Hope For New Obesity And Diabetes Treatments From Mechanism That Turns White Fat Into Energy-Burning Brown Fat
Columbia University Medical Center (CUMC) researchers have identified a mechanism that can give energy-storing white fat some of the beneficial characteristics of energy-burning brown fat. The findings, based on studies of mice and of human fat tissue, could lead to new strategies for treating obesity and type 2 diabetes. The study was published in the online edition of the journal Cell.
Humans have two types of fat tissue: white fat, which stores excess energy in the form of triglycerides, and brown fat, which is highly efficient at dissipating stored energy as heat. Newborns have a relative abundance of brown fat, as protection against exposure to cold temperatures. In adults, however, almost all excess energy is stored as white fat.
“Turning white fat into brown fat is an appealing therapeutic approach to staunching the obesity epidemic, but it has been difficult to do so in a safe and effective way,” said study leader Domenico Accili, MD, professor of Medicine and the Russell Berrie Foundation Professor at CUMC.

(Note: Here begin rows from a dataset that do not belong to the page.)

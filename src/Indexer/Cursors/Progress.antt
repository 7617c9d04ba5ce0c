-- ===== src/Indexer/Cursors/Progress.antt =====
-- The cursor of one contract in IndexerService.ts.
use audio_block_backend.Base.{
  ℕ, ◌+◌, ◌≡◌, refl, sym, ◌∙◌, inl, inr, true, false, Option, none, some, List, arith, String,
  eq_iff, Option-cases, find_row, find_row_fits, find_row-save_row, find_row-save_row_other,
  str_eq_refl,
}
use audio_block_backend.Indexer.Cursors.{
  IndexerCursor, is_cursor, new_cursor, get_cursor, save_cursor, record_progress, record_error,
}

is_cursor_apart :
    (c n c' n' : String)
    → ((c ≡ c') × (n ≡ n') → ⊥)
    → (x : IndexerCursor) → is_cursor c n x ≡ true
    → is_cursor c' n' x ≡ false
is_cursor_apart c n c' n' apart x h = ground (
  arith,
  eq_iff c x.contract_id,
  eq_iff n x.network,
  eq_iff c' x.contract_id,
  eq_iff n' x.network,
)

is_cursor_self : (x : IndexerCursor) → is_cursor x.contract_id x.network x ≡ true
is_cursor_self x = rw (str_eq_refl x.contract_id, str_eq_refl x.network)

-- The cursor that a contract has: the stored one, or a fresh one.
pub current : String → String → List IndexerCursor → IndexerCursor
current c n rows = (get_cursor c n rows).0

get_cursor-key :
    (c n : String) (rows : List IndexerCursor) → is_cursor c n (get_cursor c n rows).0 ≡ true
unfolding get_cursor new_cursor
get_cursor-key c n rows = elim (Option-cases (find_row (is_cursor c n) rows)) [
  | inl e ↦ rw (e, get_cursor) (rw (str_eq_refl c, str_eq_refl n))
  | inr (x, e) ↦ rw (e, get_cursor) (find_row_fits (is_cursor c n) rows x e)
]

get_cursor-other :
    (c n c' n' : String) (rows : List IndexerCursor)
    → ((c ≡ c') × (n ≡ n') → ⊥)
    → find_row (is_cursor c' n') (get_cursor c n rows).1 ≡ find_row (is_cursor c' n') rows
unfolding get_cursor new_cursor
get_cursor-other c n c' n' rows apart = elim (Option-cases (find_row (is_cursor c n) rows)) [
  | inl e ↦
      rw (e, get_cursor)
        (find_row-save_row_other (is_cursor c n) (is_cursor c' n') (new_cursor c n) rows
          (is_cursor_apart c n c' n' apart)
          (is_cursor_apart c n c' n' apart (new_cursor c n) (is_cursor_self (new_cursor c n))))
  | inr (x, e) ↦ rw (e, get_cursor) refl
]

save_cursor_key :
    (c n : String) (y : IndexerCursor)
    → is_cursor c n y ≡ true
    → is_cursor y.contract_id y.network ≡ is_cursor c n
save_cursor_key c n y h =
    let same_c : c ≡ y.contract_id = ground (arith, eq_iff c y.contract_id, eq_iff n y.network) in
    let same_n : n ≡ y.network = ground (arith, eq_iff c y.contract_id, eq_iff n y.network) in
    λ i. is_cursor (sym same_c i) (sym same_n i)

current-save_cursor :
    (c n : String) (y : IndexerCursor) (rows : List IndexerCursor)
    → is_cursor c n y ≡ true
    → current c n (save_cursor y rows) ≡ y
unfolding current get_cursor save_cursor
current-save_cursor c n y rows h =
    rw (save_cursor_key c n y h)
      (rw (find_row-save_row (is_cursor c n) y rows h, current, get_cursor))

find_row-save_cursor_other :
    (c n c' n' : String) (y : IndexerCursor) (rows : List IndexerCursor)
    → ((c ≡ c') × (n ≡ n') → ⊥)
    → is_cursor c n y ≡ true
    → find_row (is_cursor c' n') (save_cursor y rows) ≡ find_row (is_cursor c' n') rows
unfolding save_cursor
find_row-save_cursor_other c n c' n' y rows apart h = rw (save_cursor_key c n y h) (
    find_row-save_row_other (is_cursor c n) (is_cursor c' n') y rows
      (is_cursor_apart c n c' n' apart) (is_cursor_apart c n c' n' apart y h))

-- After progress is recorded, the contract's cursor stands at the given ledger, has counted the
-- events on top of those before, has the given event id or else the one it had, and keeps its
-- record of errors; this holds whether the cursor was stored before or not.
pub current-record_progress :
    (c n : String) (ledger count : ℕ) (event_id : Option String) (rows : List IndexerCursor)
    → let x = current c n rows in
      current c n (record_progress c n ledger count event_id rows) ≡ record x {
        last_processed_ledger = ledger;
        last_processed_event_id = (elim event_id [
          | none ↦ x.last_processed_event_id
          | some e ↦ some e
        ]);
        events_processed = x.events_processed + count;
      }
unfolding record_progress current
current-record_progress c n ledger count event_id rows =
    current-save_cursor c n _ (get_cursor c n rows).1 (get_cursor-key c n rows)

-- An error is counted and kept with its time, and the position of the cursor stays.
pub current-record_error :
    (c n message : String) (now : ℕ) (rows : List IndexerCursor)
    → let x = current c n rows in
      current c n (record_error c n message now rows) ≡ record x {
        error_count = x.error_count + 1;
        last_error = some message;
        last_error_at = some now;
      }
unfolding record_error current
current-record_error c n message now rows =
    current-save_cursor c n _ (get_cursor c n rows).1 (get_cursor-key c n rows)

-- Progress and errors of one contract leave the cursor of any other contract or network as it is.
pub record-other :
    (c n c' n' message : String) (ledger count now : ℕ) (event_id : Option String)
    (rows : List IndexerCursor)
    → ((c ≡ c') × (n ≡ n') → ⊥)
    → (find_row (is_cursor c' n') (record_progress c n ledger count event_id rows)
        ≡ find_row (is_cursor c' n') rows)
      × (find_row (is_cursor c' n') (record_error c n message now rows)
          ≡ find_row (is_cursor c' n') rows)
unfolding record_progress record_error
record-other c n c' n' message ledger count now event_id rows apart = (
  find_row-save_cursor_other c n c' n' _ (get_cursor c n rows).1 apart (get_cursor-key c n rows)
      ∙ get_cursor-other c n c' n' rows apart,
  find_row-save_cursor_other c n c' n' _ (get_cursor c n rows).1 apart (get_cursor-key c n rows)
      ∙ get_cursor-other c n c' n' rows apart,
)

White fat can be “browned” with a class of drugs called thiazolidazines (TZDs), which increase the body’s sensitivity to insulin. However, TZDs have many adverse effects – including liver toxicity, bone loss, and, ironically, weight gain – which have limited the use of these drugs.
The current study was undertaken to learn more about the function of TZDs, with the ultimate goal of developing better ways to promote the browning of white fat.
Scientists have known that TZDs promote the browning of white fat by activating a cell receptor called peroxisome proliferator-activated receptor-gamma (ppar-gamma), but the exact mechanism was not clear. To learn more, Dr. Accili and his colleagues studied a group of enzymes called sirtuins, which are thought to affect various biological processes, including metabolism.
The researchers had previously shown in mice that when sirtuin activity increases, so does metabolic activity. In the present study, they found that sirtuins boost metabolism by promoting the browning of white fat. “When we sought to identify how sirtuins promote browning, we observed many similarities between the effect of sirtuins and that of TZDs,” said lead author Li Qiang, PhD, associate research scientist in Medicine at CUMC.
Sirtuins work by severing the chemical bonds between acetyl groups and proteins, a process known as deacetylation. “So the next question was whether sirtuins remove acetyl groups from ppar-gamma and, indeed, that was what we found,” said Dr. Qiang.
To confirm that the deacetylation of ppar-gamma is crucial to the browning of fat, the researchers created a mutant version of ppar-gamma, in effect mimicking the actions of sirtuins. The mutation promoted the development of brown fat – like qualities in white fat.
“Our findings have two important implications,” said Dr. Accili. “First, they suggest that TZDs may not be so bad – if you can find a way to tweak their activity. Second, one way to tweak their activity is by using sirtuin agonists – that is, drugs that promote sirtuin activity.”
“The truth is, making sirtuin agonists has proved to be a real bear – more promise than fact,” he continued. “But now, for the first time, we have a biomarker for good sirtuin activity: the deacetylation of ppar-gamma. In other words, any substance that deacetylates ppar-gamma should in turn promote the browning of white fat and have a beneficial metabolic effect.”
Dr. Accili’s paper is titled, “Brown Remodeling of White Adipose Tissue by SirT1-Dependent Deacetylation of Ppar-gamma.” The other contributors are Ning Kon (CUMC), Wenhui Zhao (CUMC), Sangkyu Lee (University of Chicago, Chicago, Illinois), Yiying Zhang (CUMC), Michael Rosenbaum (CUMC), Yingming Zhao (University of Chicago), Wei Gu (CUMC), and Stephen R. Farmer (Boston University School of Medicine, Boston, Mass.)
This research was supported by grants from the National Institutes of Health (HL087123, DK58282, DK64773, DK063608, and RR024156).
The authors declare no financial or other conflicts of interest.